[Opening Data under study section]
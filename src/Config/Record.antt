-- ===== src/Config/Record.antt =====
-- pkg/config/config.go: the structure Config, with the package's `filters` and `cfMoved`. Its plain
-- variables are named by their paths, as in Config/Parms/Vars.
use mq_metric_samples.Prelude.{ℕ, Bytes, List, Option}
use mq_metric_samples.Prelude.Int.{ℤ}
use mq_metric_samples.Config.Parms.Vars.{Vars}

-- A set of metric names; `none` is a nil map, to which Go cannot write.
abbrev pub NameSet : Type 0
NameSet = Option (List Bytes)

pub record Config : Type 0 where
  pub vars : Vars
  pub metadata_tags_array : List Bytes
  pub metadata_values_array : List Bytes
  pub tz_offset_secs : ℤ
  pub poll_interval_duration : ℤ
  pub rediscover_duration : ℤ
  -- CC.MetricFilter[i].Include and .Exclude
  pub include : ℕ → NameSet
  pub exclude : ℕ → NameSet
[Closing Data under study section]
[Opening Data under study section]
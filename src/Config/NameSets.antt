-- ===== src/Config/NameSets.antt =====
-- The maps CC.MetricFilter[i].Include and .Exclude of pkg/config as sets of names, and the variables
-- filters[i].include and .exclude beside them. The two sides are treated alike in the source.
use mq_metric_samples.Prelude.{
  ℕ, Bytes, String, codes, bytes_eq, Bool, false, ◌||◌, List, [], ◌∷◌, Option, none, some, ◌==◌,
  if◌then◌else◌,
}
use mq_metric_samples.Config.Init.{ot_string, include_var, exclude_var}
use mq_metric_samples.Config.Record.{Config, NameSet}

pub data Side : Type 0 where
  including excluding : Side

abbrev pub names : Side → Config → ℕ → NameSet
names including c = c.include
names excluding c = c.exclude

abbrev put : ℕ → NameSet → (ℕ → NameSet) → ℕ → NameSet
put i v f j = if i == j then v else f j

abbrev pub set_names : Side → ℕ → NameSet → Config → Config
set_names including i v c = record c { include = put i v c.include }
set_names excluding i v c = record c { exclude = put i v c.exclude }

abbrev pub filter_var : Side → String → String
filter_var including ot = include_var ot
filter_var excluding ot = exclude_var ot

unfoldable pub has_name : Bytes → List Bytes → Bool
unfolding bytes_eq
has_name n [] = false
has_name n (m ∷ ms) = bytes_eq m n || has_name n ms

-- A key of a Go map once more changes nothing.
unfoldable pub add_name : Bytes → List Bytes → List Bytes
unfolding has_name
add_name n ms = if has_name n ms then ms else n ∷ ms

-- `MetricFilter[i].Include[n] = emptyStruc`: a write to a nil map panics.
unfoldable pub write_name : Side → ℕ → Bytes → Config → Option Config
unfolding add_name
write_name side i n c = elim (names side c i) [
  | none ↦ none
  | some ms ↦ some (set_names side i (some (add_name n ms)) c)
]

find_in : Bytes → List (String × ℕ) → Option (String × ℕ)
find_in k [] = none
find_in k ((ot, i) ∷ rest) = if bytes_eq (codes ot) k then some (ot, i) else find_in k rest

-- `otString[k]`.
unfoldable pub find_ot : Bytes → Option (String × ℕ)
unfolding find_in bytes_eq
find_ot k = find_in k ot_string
[Closing Data under study section]
(Exercise details)
The line above containing "-- The maps", the line containing "names excluding c = c.exclude", and every line between them are to be transcribed exactly; no other line is wanted.

(Solution to the problem)
-- The maps CC.MetricFilter[i].Include and .Exclude of pkg/config as sets of names, and the variables
-- filters[i].include and .exclude beside them. The two sides are treated alike in the source.
use mq_metric_samples.Prelude.{
  ℕ, Bytes, String, codes, bytes_eq, Bool, false, ◌||◌, List, [], ◌∷◌, Option, none, some, ◌==◌,
  if◌then◌else◌,
}
use mq_metric_samples.Config.Init.{ot_string, include_var, exclude_var}
use mq_metric_samples.Config.Record.{Config, NameSet}

pub data Side : Type 0 where
  including excluding : Side

abbrev pub names : Side → Config → ℕ → NameSet
names including c = c.include
names excluding c = c.exclude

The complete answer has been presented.